The ~0.3–0.7 µs gap between Rust and Python times is the usual PyO3 overhead: GIL
acquisition, `PyBytes` allocation for each returned certificate, and `PyList` construction.
The `pem_isrg` Python time (4.14 µs) is close to the Rust time because
PEM decoding and base64 allocation are included in the timed loop.

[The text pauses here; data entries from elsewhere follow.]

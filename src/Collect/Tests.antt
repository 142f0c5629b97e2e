-- ===== src/Collect/Tests.antt =====
-- A round of two reports in DistributedDBNode.cpp.
use hawk_txn.Common.{◌≡◌, refl, true, ◌||◌, some, List, [], ◌∷◌, ◌++◌, ◌>>=◌, arith}
use hawk_txn.Types.{TransactionId}
use hawk_txn.Transaction.{TransactionManager, new_transaction}
use hawk_txn.Detector.{Wfg}
use hawk_txn.LockTable.Edges.{has_edge}
use hawk_txn.Resolve.{check_and_resolve_deadlocks}
use hawk_txn.Collect.{Collector}
use hawk_txn.Collect.Round.{handle_all, reported, round_lem}

abbrev manager : TransactionManager
manager = record {
  node_id = 1;
  resource_manager = record {
    node_id = 1;
    resource_holders = [];
    resource_waiting_queues = [];
    notify = true;
  };
  next_transaction_id = 3;
  active_transactions = (1, new_transaction 1 1 []) ∷ (2, new_transaction 2 1 []) ∷ [];
  completed_transaction_latencies = [];
}

abbrev ready : Collector
ready = record { aggregated_wfg = []; wfg_reports_received = 0; wfg_reports_expected = 2 }

abbrev reports : List Wfg
reports = ((1, 2 ∷ []) ∷ []) ∷ ((2, 1 ∷ []) ∷ []) ∷ []

round_lem_example :
    (merged : Wfg) × (handle_all 9 9 manager ready reports ≡ (
      check_and_resolve_deadlocks 9 9 true manager merged
      >>= (λ ms. some (record ready { aggregated_wfg = []; wfg_reports_received = 0 }, ms ++ []))))
    × ((u v : TransactionId)
        → has_edge merged u v ≡ has_edge ready.aggregated_wfg u v || reported u v reports)
round_lem_example =
    round_lem 9 9 manager ready reports ((refl, tt), ((refl, tt), tt)) (omega arith) (omega arith)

**`cryptography` comparison note:** The `amazon_roots` DER benchmark triggers a
`UserWarning` from `cryptography` — the file uses BER indefinite-length encoding
(`0x30 0x80…`), which cryptography handles via an internal fallback with a deprecation
warning. synta accepts BER transparently with no warning.

## Architecture notes

**Parse-only:** `synta.Certificate.from_der()` holds a `Py<PyBytes>` strong
reference to the caller's bytes object (no copy). It performs only a 4-operation shallow
envelope scan (outer SEQUENCE tag+length, TBSCertificate SEQUENCE tag+length) — equivalent
to `synta_certificate::validate_envelope()` in Rust — and records the TBS byte range.
The full recursive `Certificate::decode()` is deferred to the first getter call.
`synta.Certificate.full_from_der()` performs the same shallow scan and then immediately
triggers the full decode, so all 19 field caches are warm before any Python code accesses them.

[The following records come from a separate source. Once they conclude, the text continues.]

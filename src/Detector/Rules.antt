-- ===== src/Detector/Rules.antt =====
-- One rule for what a search keeps, and the reads of its maps after each step.
use mathlib.Core.List.{Memᴰ}
use hawk_txn.Common.{
  ℕ, zero, suc, ◌≡◌, refl, inl, inr, true, false, Option, some, List, [], ◌∷◌, ◌==◌, if◌then◌else◌,
  Bool-cases, subst, some_inj, >>=-eq-some,
}
use hawk_txn.Common.Int.{pos, pred_ℤ, is_pos}
use hawk_txn.Map
use hawk_txn.Map.{get_or-assign}
use hawk_txn.Types.{TransactionId}
use hawk_txn.Detector.{
  Wfg, Search, count_of, on_stack, parent_of, enter, leave, set_parent, report, follow, follow_all,
  dfs, search_keys,
}
use hawk_txn.Detector.Graph.{Edge}

pub count_of-enter :
    (u v : TransactionId) (s : Search)
    → count_of (enter u s) v ≡ (if u == v then pred_ℤ (count_of s u) else count_of s v)
unfolding enter
count_of-enter u v s = get_or-assign u v (pos 0) (pred_ℤ (count_of s u)) s.visited_count

pub on_stack-enter :
    (u v : TransactionId) (s : Search)
    → on_stack (enter u s) v ≡ (if u == v then true else on_stack s v)
unfolding enter
on_stack-enter u v s = get_or-assign u v false true s.recursion_stack

pub on_stack-leave :
    (u v : TransactionId) (s : Search)
    → on_stack (leave u s) v ≡ (if u == v then false else on_stack s v)
unfolding leave
on_stack-leave u v s = get_or-assign u v false false s.recursion_stack

pub parent_of-set :
    (v u x : TransactionId) (s : Search)
    → parent_of (set_parent v u s).parent x ≡ (if v == x then u else parent_of s.parent x)
unfolding set_parent
parent_of-set v u x s = get_or-assign v x 0 u s.parent

module _ {ℓ} (w : ℕ) (g : Wfg) (P : Search → Type ℓ)
    (enter_keeps : (u : TransactionId) (s : Search) → P s → P (enter u s))
    (leave_keeps : (u : TransactionId) (s : Search) → P s → P (leave u s))
    (parent_keeps : (u v : TransactionId) (s : Search) → Edge g u v → P s → P (set_parent v u s))
    (report_keeps : (u v : TransactionId) (s s' : Search)
      → Edge g u v
      → P s
      → report w u v s ≡ some s'
      → P s') where
  follow_keeps :
      (call : TransactionId → Search → Option Search) (u v : TransactionId) (s s' : Search)
      → ((x : TransactionId) (t t' : Search) → P t → call x t ≡ some t' → P t')
      → Edge g u v
      → P s
      → follow w call u v s ≡ some s'
      → P s'
  unfolding follow
  follow_keeps call u v s s' ih e p h = elim (Bool-cases (is_pos (count_of s v))) [
    | inl deeper ↦ ih v (set_parent v u s) s' (parent_keeps u v s e p) (rw (deeper, follow) at h)
    | inr done ↦ elim (Bool-cases (on_stack s v)) [
      | inl back ↦ report_keeps u v s s' e p (rw (done, back, follow) at h)
      | inr cross ↦ subst P (some_inj (rw (done, cross, follow) at h)) p
    ]
  ]

  pub follow_all_keeps :
      (call : TransactionId → Search → Option Search) (u : TransactionId) (vs : List TransactionId)
      (s s' : Search)
      → ((x : TransactionId) (t t' : Search) → P t → call x t ≡ some t' → P t')
      → ((v : TransactionId) → Memᴰ v vs → Edge g u v)
      → P s
      → follow_all w call u vs s ≡ some s'
      → P s'
  unfolding follow_all
  follow_all_keeps call u [] s s' ih es p h = subst P (some_inj h) p
  follow_all_keeps call u (v ∷ vs) s s' ih es p h =
      let (t, first, rest) = >>=-eq-some (follow w call u v s) _ h in
      follow_all_keeps call u vs t s' ih (λ x m. es x (Memᴰ.tail m))
        (follow_keeps call u v s t ih (es v (Memᴰ.head refl)) p first) rest

  -- What each step of a search keeps, a search keeps.
  pub dfs_keeps :
      (fuel : ℕ) (u : TransactionId) (s s' : Search) → P s → dfs w fuel g u s ≡ some s' → P s'
  unfolding dfs
  dfs_keeps zero u s s' p h = absurd (cc h)
  dfs_keeps (suc fuel) u s s' p h =
      let (t, inner, last) =
        >>=-eq-some (follow_all w (dfs w fuel g) u (Map.get_or u [] g) (enter u s)) _ h in
      subst P (some_inj last) (
        leave_keeps u t (
          follow_all_keeps (dfs w fuel g) u (Map.get_or u [] g) (enter u s) t (dfs_keeps fuel)
            (λ v m. m) (enter_keeps u s p) inner))

  pub search_keys_keeps :
      (fuel : ℕ) (rest : Wfg) (s s' : Search) → P s → search_keys w fuel g rest s ≡ some s' → P s'
  unfolding search_keys
  search_keys_keeps fuel [] s s' p h = subst P (some_inj h) p
  search_keys_keeps fuel ((t, vs) ∷ rest) s s' p h =
      let (s1, first, later) = >>=-eq-some (dfs w fuel g t s) _ h in
      search_keys_keeps fuel rest s1 s' (dfs_keeps fuel t s s1 p first) later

**Parse+fields:** All 19 getters cache their Python object in an
`OnceLock<Py<T>>`. String-returning getters (`issuer`, `subject`, `signature_algorithm`,
`signature_algorithm_oid`, `public_key_algorithm`, `public_key_algorithm_oid`, `not_before`,
`not_after`) store `Py<PyString>`. Bytes-returning getters (`signature_value`, `public_key`,
`tbs_bytes`, `issuer_raw_der`, `subject_raw_der`) store `Py<PyBytes>`. Optional getters
(`signature_algorithm_params`, `public_key_algorithm_params`, `extensions_der`) store
`Option<Py<PyBytes>>`. `to_der` skips the lock entirely — direct `clone_ref` of the
stored `Py<PyBytes>` that was passed to `from_der`.

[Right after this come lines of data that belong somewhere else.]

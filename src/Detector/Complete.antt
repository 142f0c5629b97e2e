-- ===== src/Detector/Complete.antt =====
-- DeadlockDetector.cpp overlooks no deadlock altogether: a search that reports nothing has put
-- the transactions in an order in which each comes after all that it waits for.
use mathlib.Core.List.{Memᴰ, reverse}
use mathlib.Core.List.Memᴰ
use hawk_txn.Common.{
  ℕ, zero, suc, ◌≡◌, refl, inl, inr, ◌⊎◌, ◌≢◌, true, false, Option, some, List, [], ◌∷◌, ◌++◌, ◌==◌,
  arith, Bool-cases, List-cases, ap, ◌∙◌, subst, some_inj, >>=-eq-some,
}
use hawk_txn.Common.Int.{is_pos}
use hawk_txn.Map
use hawk_txn.Map.{Map, get_or-assign}
use hawk_txn.Types.{TransactionId}
use hawk_txn.Detector.{
  Wfg, Search, count_of, on_stack, enter, leave, set_parent, report, follow, follow_all, dfs,
  search_keys, walk, find_cycles, start,
}
use hawk_txn.Detector.Graph.{Edge, Walk, one, more, IsAcyclic}
use hawk_txn.Detector.Rules.{
  count_of-enter, on_stack-enter, on_stack-leave, dfs_keeps, follow_all_keeps, search_keys_keeps,
}
use hawk_txn.Detector.Start.{start_count_pos}

-- Everything that a transaction of the list waits for stands behind it.
Topo : Wfg → List TransactionId → Type 0
Topo g [] = Unit
Topo g (w ∷ o) = ((v : TransactionId) → Edge g w v → Memᴰ v o) × Topo g o

topo_closed :
    (g : Wfg) (o : List TransactionId) (y x : TransactionId)
    → Topo g o
    → Memᴰ y o
    → Edge g y x
    → Memᴰ x o
unfolding Topo
topo_closed g [] y x t m e = absurd (Memᴰ.not-nil m)
topo_closed g (w ∷ o) y x t m e = elim (Memᴰ.cases_cons m) [
  | inl here ↦ Memᴰ.tail (t.0 x (subst (λ z. Edge g z x) here e))
  | inr there ↦ Memᴰ.tail (topo_closed g o y x t.1 there e)
]

topo_walk :
    {g : Wfg} {w : TransactionId} {o : List TransactionId} {x : TransactionId}
    → Walk g w x
    → Topo g (w ∷ o)
    → Memᴰ x o
unfolding Topo
topo_walk {x} (one e) t = t.0 x e
topo_walk {g} {o} {x} (more {v} p e) t = topo_closed g o v x t.1 (topo_walk p t) e

Topo-acyclic :
    (g : Wfg) (o : List TransactionId) (v : TransactionId) → Topo g o → Memᴰ v o → ¬ Walk g v v
unfolding Topo
Topo-acyclic g [] v t m p = Memᴰ.not-nil m
Topo-acyclic g (w ∷ o) v t m p = elim (Memᴰ.cases_cons m) [
  | inl here ↦ let q = subst (λ z. Walk g z z) here p in Topo-acyclic g o w t.1 (topo_walk q t) q
  | inr there ↦ Topo-acyclic g o v t.1 there p
]

key_of_edge : (g : Wfg) (u v : TransactionId) → Edge g u v → Memᴰ u (Map.keys g)
key_of_edge [] u v m = absurd (Memᴰ.not-nil m)
key_of_edge ((k, vs) ∷ g) u v m = elim (Bool-cases (k == u)) [
  | inl here ↦ Memᴰ.head (ground arith)
  | inr there ↦ Memᴰ.tail (key_of_edge g u v (rw there at m))
]

key_of_walk : (g : Wfg) {u v : TransactionId} → Walk g u v → Memᴰ u (Map.keys g)
key_of_walk g {u} (one {v} e) = key_of_edge g u v e
key_of_walk g (more p e) = key_of_walk g p

module _ (w : ℕ) (g : Wfg) where
  -- A transaction that cannot be entered any more is on the stack or in the order.
  record Clean (o : List TransactionId) (s : Search) : Type 0 where
    topo : Topo g o
    covered :
        (u v : TransactionId)
        → Edge g u v
        → is_pos (count_of s v) ≡ false
        → (on_stack s v ≡ true) ⊎ Memᴰ v o

  abbrev Ext : List TransactionId → List TransactionId → Type 0
  Ext o o' = (x : TransactionId) → Memᴰ x o → Memᴰ x o'

  -- A call that reports nothing puts its transaction in the order.
  abbrev Orders : (TransactionId → Search → Option Search) → Type 0
  Orders call =
      (x : TransactionId) (s s' : Search) (o : List TransactionId)
      → Clean o s
      → call x s ≡ some s'
      → s'.cycles ≡ []
      → (o' : List TransactionId) × Clean o' s' × Ext o o' × Memᴰ x o'

  report_found : (u v : TransactionId) (s s' : Search) → report w u v s ≡ some s' → s'.cycles ≢ []
  unfolding report
  report_found u v s s' h e =
      let (out, walked, last) = >>=-eq-some (walk w s.parent u v [] s.frequency) _ h in
      snoc_nil s.cycles (reverse out.0) (ap (λ t. t.cycles) (some_inj last) ∙ e)
    where
      snoc_nil : (cs : List (List TransactionId)) (c : List TransactionId) → cs ++ c ∷ [] ≢ []
      snoc_nil [] c p = cc
      snoc_nil (d ∷ cs) c p = cc

  -- Cycles once found stay.
  follow_all_found :
      (fuel : ℕ) (u : TransactionId) (vs : List TransactionId) (s s' : Search)
      → ((v : TransactionId) → Memᴰ v vs → Edge g u v)
      → follow_all w (dfs w fuel g) u vs s ≡ some s'
      → s'.cycles ≡ []
      → s.cycles ≡ []
  unfolding enter leave set_parent
  follow_all_found fuel u vs s s' es h e = elim (List-cases s.cycles) [
    | inl empty ↦ empty
    | inr (c, cs, q) ↦ absurd (
        follow_all_keeps w g (λ t. t.cycles ≢ []) (λ _ _ p. p) (λ _ _ p. p) (λ _ _ _ _ p. p)
          (λ a b t t' _ _ r. report_found a b t t' r) (dfs w fuel g) u vs s s'
          (dfs_keeps w g (λ t. t.cycles ≢ []) (λ _ _ p. p) (λ _ _ p. p) (λ _ _ _ _ p. p)
            (λ a b t t' _ _ r. report_found a b t t' r) fuel)
          es (λ p. cc) h e)
  ]

  follow-Orders :
      (call : TransactionId → Search → Option Search) (u v : TransactionId) (s s' : Search)
      (o : List TransactionId)
      → Orders call
      → Edge g u v
      → Clean o s
      → follow w call u v s ≡ some s'
      → s'.cycles ≡ []
      → (o' : List TransactionId) × Clean o' s' × Ext o o' × Memᴰ v o'
  unfolding follow set_parent
  follow-Orders call u v s s' o ih e p h none_found = elim (Bool-cases (is_pos (count_of s v))) [
    | inl deeper ↦
        ih v (set_parent v u s) s' o (record { topo = p.topo; covered = p.covered })
          (rw (deeper, follow) at h) none_found
    | inr done ↦ elim (Bool-cases (on_stack s v)) [
      | inl back ↦ absurd (report_found u v s s' (rw (done, back, follow) at h) none_found)
      | inr cross ↦
          let same = some_inj (rw (done, cross, follow) at h) in
          (
            o,
            subst (Clean o) same p,
            λ x m. m,
            elim (p.covered u v e done) [ inl on ↦ absurd (cc (on, cross)) | inr m ↦ m ],
          )
    ]
  ]

  follow_all-Orders :
      (fuel : ℕ) (u : TransactionId) (vs : List TransactionId) (s s' : Search)
      (o : List TransactionId)
      → Orders (dfs w fuel g)
      → ((v : TransactionId) → Memᴰ v vs → Edge g u v)
      → Clean o s
      → follow_all w (dfs w fuel g) u vs s ≡ some s'
      → s'.cycles ≡ []
      → (o' : List TransactionId) × Clean o' s'
        × Ext o o'
        × ((v : TransactionId) → Memᴰ v vs → Memᴰ v o')
  unfolding follow_all
  follow_all-Orders fuel u [] s s' o ih es p h none_found =
      (o, subst (Clean o) (some_inj h) p, λ x m. m, λ v m. absurd (Memᴰ.not-nil m))
  follow_all-Orders fuel u (v ∷ vs) s s' o ih es p h none_found =
      let (t, first, rest) = >>=-eq-some (follow w (dfs w fuel g) u v s) _ h in
      let later = λ (x : TransactionId) (m : Memᴰ x vs). es x (Memᴰ.tail m) in
      let quiet = follow_all_found fuel u vs t s' later rest none_found in
      let (o1, p1, up1, m1) =
        follow-Orders (dfs w fuel g) u v s t o ih (es v (Memᴰ.head refl)) p first quiet in
      let (o2, p2, up2, m2) = follow_all-Orders fuel u vs t s' o1 ih later p1 rest none_found in
      (
        o2,
        p2,
        λ x m. up2 x (up1 x m),
        λ x m. elim (Memᴰ.cases_cons m) [
          | inl here ↦ up2 x (Memᴰ.cast here m1)
          | inr there ↦ m2 x there
        ],
      )

  enter-Clean :
      (u : TransactionId) (s : Search) (o : List TransactionId) → Clean o s → Clean o (enter u s)
  enter-Clean u s o p = record {
    topo = p.topo;
    covered = λ x v e c. elim (Bool-cases (u == v)) [
      | inl same ↦ inl (on_stack-enter u v s ∙ rw same refl)
      | inr other ↦ elim (p.covered x v e (ground (arith, count_of-enter u v s))) [
        | inl on ↦ inl (on_stack-enter u v s ∙ rw other on)
        | inr m ↦ inr m
      ]
    ];
  }

  leave-Clean :
      (u : TransactionId) (s : Search) (o : List TransactionId)
      → ((v : TransactionId) → Edge g u v → Memᴰ v o)
      → Clean o s
      → Clean (u ∷ o) (leave u s)
  unfolding Topo leave
  leave-Clean u s o targets p = record {
    topo = (targets, p.topo);
    covered = λ x v e c. elim (Bool-cases (u == v)) [
      | inl same ↦ inr (Memᴰ.head (ground arith))
      | inr other ↦ elim (p.covered x v e c) [
        | inl on ↦ inl (on_stack-leave u v s ∙ rw other on)
        | inr m ↦ inr (Memᴰ.tail m)
      ]
    ];
  }

  dfs-Orders : (fuel : ℕ) → Orders (dfs w fuel g)
  unfolding dfs
  dfs-Orders zero u s s' o p h none_found = absurd (cc h)
  dfs-Orders (suc fuel) u s s' o p h none_found =
      let (t, inner, last) =
        >>=-eq-some (follow_all w (dfs w fuel g) u (Map.get_or u [] g) (enter u s)) _ h in
      let same = some_inj last in
      let quiet : t.cycles ≡ [] = unfold leave in ap (λ x. x.cycles) same ∙ none_found in
      let (o1, p1, up, targets) =
        follow_all-Orders fuel u (Map.get_or u [] g) (enter u s) t o (dfs-Orders fuel) (λ v m. m)
          (enter-Clean u s o p) inner quiet in
      (
        u ∷ o1,
        subst (Clean (u ∷ o1)) same (leave-Clean u t o1 targets p1),
        λ x m. Memᴰ.tail (up x m),
        Memᴰ.head refl,
      )

  search_keys_found :
      (fuel : ℕ) (rest : Wfg) (s s' : Search)
      → search_keys w fuel g rest s ≡ some s'
      → s'.cycles ≡ []
      → s.cycles ≡ []
  unfolding enter leave set_parent
  search_keys_found fuel rest s s' h e = elim (List-cases s.cycles) [
    | inl empty ↦ empty
    | inr (c, cs, q) ↦ absurd (
        search_keys_keeps w g (λ t. t.cycles ≢ []) (λ _ _ p. p) (λ _ _ p. p) (λ _ _ _ _ p. p)
          (λ a b t t' _ _ r. report_found a b t t' r) fuel rest s s' (λ p. cc) h e)
  ]

  search_keys_orders :
      (fuel : ℕ) (rest : Wfg) (s s' : Search) (o : List TransactionId)
      → Clean o s
      → search_keys w fuel g rest s ≡ some s'
      → s'.cycles ≡ []
      → (o' : List TransactionId) × Clean o' s'
        × Ext o o'
        × ((v : TransactionId) → Memᴰ v (Map.keys rest) → Memᴰ v o')
  unfolding search_keys
  search_keys_orders fuel [] s s' o p h e =
      (o, subst (Clean o) (some_inj h) p, λ x m. m, λ v m. absurd (Memᴰ.not-nil m))
  search_keys_orders fuel ((k, vs) ∷ rest) s s' o p h e =
      let (t, first, later) = >>=-eq-some (dfs w fuel g k s) _ h in
      let quiet = search_keys_found fuel rest t s' later e in
      let (o1, p1, up1, m1) = dfs-Orders fuel k s t o p first quiet in
      let (o2, p2, up2, m2) = search_keys_orders fuel rest t s' o1 p1 later e in
      (
        o2,
        p2,
        λ x m. up2 x (up1 x m),
        λ x m. elim (Memᴰ.cases_cons m) [
          | inl here ↦ up2 x (Memᴰ.cast here m1)
          | inr there ↦ m2 x there
        ],
      )

  start-Clean : Clean [] (start g)
  unfolding Topo
  start-Clean = record { topo = tt; covered = λ u v e c. absurd (cc (start_count_pos g u v e, c)) }

  -- If findCycles returns and reports no cycle, there is no deadlock in the graph.
  pub find_cycles_complete :
      (fuel : ℕ) (frequency : Map ℕ) → find_cycles w fuel g ≡ some ([], frequency) → IsAcyclic g
  unfolding find_cycles
  find_cycles_complete fuel frequency h v p =
      let (s, searched, last) = >>=-eq-some (search_keys w fuel g g (start g)) _ h in
      let e : s.cycles ≡ [] = ap (λ r. r.0) (some_inj last) in
      let (o, q, _, m) = search_keys_orders fuel g (start g) s [] start-Clean searched e in
      Topo-acyclic g o v q.topo (m v (key_of_walk g p)) p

**`#[pyclass(frozen)]`:** `PyCertificate` is declared `frozen`, which removes the
8-byte PyO3 borrow-tracking field (`borrow_flag: Cell<isize>`) from every instance
and eliminates per-getter `Cell::get/set` calls. This gives a **~26% speedup** on the
warm-path field-access benchmark.

**ML-DSA parse+fields:** The first-call `PyBytes` copies of `signature_value`
(2,420–4,627 bytes) and `public_key` (1,312–1,952 bytes) add ~0.3 µs over traditional
certs (3.63–3.71 µs vs 3.30–3.42 µs). Subsequent accesses use `clone_ref` at
~0.41 µs total regardless of cert size.

For the full binding-layer comparison (Rust `rust_shallow` / `rust_typed` / `rust_element` /
`c_ffi` / Python `synta` / `synta_full` / `cryptography_x509`, parse-only and parse+fields)
see the [Performance book](../../../perf/src/quick-reference.md).